What the task requires
Each line from the beginning of the entries below through the line that includes "count_source_blocks (suc left) []" must be returned exactly as given.

Data extracts
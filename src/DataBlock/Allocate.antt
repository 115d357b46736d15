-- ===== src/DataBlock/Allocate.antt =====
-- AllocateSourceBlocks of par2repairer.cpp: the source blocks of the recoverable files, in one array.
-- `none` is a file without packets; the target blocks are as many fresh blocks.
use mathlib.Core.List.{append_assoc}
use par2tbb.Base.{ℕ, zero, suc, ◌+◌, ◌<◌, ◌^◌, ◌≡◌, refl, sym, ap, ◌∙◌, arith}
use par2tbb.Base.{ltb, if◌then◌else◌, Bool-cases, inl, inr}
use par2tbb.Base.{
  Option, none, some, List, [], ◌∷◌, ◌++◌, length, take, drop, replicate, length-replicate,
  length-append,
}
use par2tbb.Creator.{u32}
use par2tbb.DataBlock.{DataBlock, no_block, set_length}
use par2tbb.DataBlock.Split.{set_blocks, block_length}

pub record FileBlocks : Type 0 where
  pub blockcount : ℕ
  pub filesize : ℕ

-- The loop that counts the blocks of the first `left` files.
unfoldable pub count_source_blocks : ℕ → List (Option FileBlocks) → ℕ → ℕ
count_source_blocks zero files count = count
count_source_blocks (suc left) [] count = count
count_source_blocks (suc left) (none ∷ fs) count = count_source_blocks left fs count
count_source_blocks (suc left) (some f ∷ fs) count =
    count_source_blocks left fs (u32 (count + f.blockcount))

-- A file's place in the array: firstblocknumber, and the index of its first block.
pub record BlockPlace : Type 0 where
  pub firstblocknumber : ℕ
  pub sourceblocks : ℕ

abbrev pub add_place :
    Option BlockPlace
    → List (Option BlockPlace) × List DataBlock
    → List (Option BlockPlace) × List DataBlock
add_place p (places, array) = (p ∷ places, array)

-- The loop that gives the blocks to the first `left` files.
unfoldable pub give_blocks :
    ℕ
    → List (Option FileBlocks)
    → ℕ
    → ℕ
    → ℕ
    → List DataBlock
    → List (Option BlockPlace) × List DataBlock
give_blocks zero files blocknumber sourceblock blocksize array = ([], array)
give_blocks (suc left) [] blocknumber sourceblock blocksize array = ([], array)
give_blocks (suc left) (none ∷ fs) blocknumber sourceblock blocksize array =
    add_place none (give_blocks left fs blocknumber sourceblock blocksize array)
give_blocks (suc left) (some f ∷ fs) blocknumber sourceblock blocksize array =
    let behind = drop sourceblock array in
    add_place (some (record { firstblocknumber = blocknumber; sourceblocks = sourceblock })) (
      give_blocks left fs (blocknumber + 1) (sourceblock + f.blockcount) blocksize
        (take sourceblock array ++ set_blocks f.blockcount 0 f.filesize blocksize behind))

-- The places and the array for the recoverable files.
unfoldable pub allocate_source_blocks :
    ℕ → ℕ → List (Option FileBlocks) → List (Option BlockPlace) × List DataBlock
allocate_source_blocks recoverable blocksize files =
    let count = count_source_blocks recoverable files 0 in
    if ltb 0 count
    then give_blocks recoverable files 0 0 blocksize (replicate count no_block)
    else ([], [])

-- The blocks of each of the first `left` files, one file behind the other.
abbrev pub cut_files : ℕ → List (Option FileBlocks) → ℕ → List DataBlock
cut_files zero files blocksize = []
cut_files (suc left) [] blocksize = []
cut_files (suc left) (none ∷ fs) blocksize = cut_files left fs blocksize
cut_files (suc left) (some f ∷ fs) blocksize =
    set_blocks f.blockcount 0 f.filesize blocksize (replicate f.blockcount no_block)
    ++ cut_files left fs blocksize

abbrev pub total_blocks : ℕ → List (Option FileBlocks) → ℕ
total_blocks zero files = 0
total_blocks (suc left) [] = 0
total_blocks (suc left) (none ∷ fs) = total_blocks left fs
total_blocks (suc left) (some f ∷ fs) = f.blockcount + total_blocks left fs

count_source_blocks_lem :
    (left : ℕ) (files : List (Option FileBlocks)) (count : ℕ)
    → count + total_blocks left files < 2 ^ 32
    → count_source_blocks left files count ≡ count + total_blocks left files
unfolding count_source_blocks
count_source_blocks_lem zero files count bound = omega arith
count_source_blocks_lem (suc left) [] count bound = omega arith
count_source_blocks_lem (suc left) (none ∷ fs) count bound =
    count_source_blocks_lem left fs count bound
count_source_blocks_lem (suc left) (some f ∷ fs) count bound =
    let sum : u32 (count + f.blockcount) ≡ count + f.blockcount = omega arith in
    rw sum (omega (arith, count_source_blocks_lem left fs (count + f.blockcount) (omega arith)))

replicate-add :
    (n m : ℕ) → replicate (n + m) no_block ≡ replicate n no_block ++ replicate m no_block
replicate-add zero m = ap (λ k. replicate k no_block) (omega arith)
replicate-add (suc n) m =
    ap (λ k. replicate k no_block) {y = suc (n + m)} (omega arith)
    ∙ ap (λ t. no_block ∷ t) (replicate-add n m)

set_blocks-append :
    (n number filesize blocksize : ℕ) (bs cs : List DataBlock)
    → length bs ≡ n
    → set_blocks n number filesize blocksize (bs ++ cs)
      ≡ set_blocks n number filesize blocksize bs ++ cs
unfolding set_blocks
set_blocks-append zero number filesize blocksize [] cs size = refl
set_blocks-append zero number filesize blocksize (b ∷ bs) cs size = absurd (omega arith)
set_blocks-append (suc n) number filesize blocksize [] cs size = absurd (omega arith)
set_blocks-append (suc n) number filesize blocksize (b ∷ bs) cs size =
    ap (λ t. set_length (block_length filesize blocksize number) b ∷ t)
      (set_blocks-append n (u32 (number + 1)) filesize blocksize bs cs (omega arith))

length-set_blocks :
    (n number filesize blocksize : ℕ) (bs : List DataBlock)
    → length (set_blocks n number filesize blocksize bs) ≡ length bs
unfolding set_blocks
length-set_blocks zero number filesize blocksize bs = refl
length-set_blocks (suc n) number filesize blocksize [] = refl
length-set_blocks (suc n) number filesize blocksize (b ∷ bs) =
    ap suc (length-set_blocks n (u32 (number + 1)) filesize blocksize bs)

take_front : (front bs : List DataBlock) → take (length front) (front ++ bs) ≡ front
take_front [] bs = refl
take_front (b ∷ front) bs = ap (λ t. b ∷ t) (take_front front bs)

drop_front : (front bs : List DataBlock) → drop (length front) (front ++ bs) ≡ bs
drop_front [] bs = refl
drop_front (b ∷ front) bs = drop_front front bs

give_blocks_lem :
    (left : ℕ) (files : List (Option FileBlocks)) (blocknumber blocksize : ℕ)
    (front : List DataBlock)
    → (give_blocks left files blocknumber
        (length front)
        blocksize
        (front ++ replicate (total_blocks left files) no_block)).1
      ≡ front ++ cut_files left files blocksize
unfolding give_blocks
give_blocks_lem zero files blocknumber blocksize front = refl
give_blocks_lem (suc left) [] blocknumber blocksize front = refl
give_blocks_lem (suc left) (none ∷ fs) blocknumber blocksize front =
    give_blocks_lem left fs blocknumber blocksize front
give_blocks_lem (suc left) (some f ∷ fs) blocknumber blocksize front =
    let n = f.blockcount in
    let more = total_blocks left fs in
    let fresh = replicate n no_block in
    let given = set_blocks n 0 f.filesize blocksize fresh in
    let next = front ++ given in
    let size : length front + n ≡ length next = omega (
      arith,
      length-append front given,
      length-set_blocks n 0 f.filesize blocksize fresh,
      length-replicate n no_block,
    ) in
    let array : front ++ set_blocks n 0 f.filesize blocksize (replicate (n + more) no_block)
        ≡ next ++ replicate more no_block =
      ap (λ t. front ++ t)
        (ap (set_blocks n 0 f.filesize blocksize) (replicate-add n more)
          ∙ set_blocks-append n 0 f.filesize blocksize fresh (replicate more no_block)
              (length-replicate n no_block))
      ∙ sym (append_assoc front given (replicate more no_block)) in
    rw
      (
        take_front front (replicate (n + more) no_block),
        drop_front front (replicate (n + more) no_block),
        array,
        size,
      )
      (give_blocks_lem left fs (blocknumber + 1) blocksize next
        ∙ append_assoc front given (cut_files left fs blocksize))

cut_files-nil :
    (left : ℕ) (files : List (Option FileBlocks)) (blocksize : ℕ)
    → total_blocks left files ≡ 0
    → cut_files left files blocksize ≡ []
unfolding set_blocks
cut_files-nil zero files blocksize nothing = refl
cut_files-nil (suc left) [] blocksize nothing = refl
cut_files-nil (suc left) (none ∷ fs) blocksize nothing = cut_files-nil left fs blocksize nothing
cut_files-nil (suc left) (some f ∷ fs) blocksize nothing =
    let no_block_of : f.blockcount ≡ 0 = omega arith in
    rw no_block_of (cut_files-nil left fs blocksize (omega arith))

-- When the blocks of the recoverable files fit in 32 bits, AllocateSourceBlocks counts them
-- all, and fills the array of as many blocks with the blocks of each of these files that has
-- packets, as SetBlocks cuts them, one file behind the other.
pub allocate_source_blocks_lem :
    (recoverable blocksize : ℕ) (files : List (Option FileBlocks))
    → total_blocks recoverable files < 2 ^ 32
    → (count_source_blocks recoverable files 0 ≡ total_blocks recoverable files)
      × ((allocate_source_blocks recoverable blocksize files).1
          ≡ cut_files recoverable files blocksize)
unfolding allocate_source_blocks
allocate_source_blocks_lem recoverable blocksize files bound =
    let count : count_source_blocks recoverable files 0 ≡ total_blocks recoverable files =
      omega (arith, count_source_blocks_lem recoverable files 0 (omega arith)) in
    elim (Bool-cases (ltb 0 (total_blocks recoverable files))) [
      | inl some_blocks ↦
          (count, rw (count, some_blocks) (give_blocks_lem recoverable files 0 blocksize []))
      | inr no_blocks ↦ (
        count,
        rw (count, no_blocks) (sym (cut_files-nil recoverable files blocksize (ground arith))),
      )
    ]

Response box
filename src/DataBlock/Allocate.antt
repository 115d357b46736d15
-- ===== src/DataBlock/Allocate.antt =====
-- AllocateSourceBlocks of par2repairer.cpp: the source blocks of the recoverable files, in one array.
-- `none` is a file without packets; the target blocks are as many fresh blocks.
use mathlib.Core.List.{append_assoc}
use par2tbb.Base.{ℕ, zero, suc, ◌+◌, ◌<◌, ◌^◌, ◌≡◌, refl, sym, ap, ◌∙◌, arith}
use par2tbb.Base.{ltb, if◌then◌else◌, Bool-cases, inl, inr}
use par2tbb.Base.{
  Option, none, some, List, [], ◌∷◌, ◌++◌, length, take, drop, replicate, length-replicate,
  length-append,
}
use par2tbb.Creator.{u32}
use par2tbb.DataBlock.{DataBlock, no_block, set_length}
use par2tbb.DataBlock.Split.{set_blocks, block_length}

pub record FileBlocks : Type 0 where
  pub blockcount : ℕ
  pub filesize : ℕ

-- The loop that counts the blocks of the first `left` files.
unfoldable pub count_source_blocks : ℕ → List (Option FileBlocks) → ℕ → ℕ
count_source_blocks zero files count = count
count_source_blocks (suc left) [] count = count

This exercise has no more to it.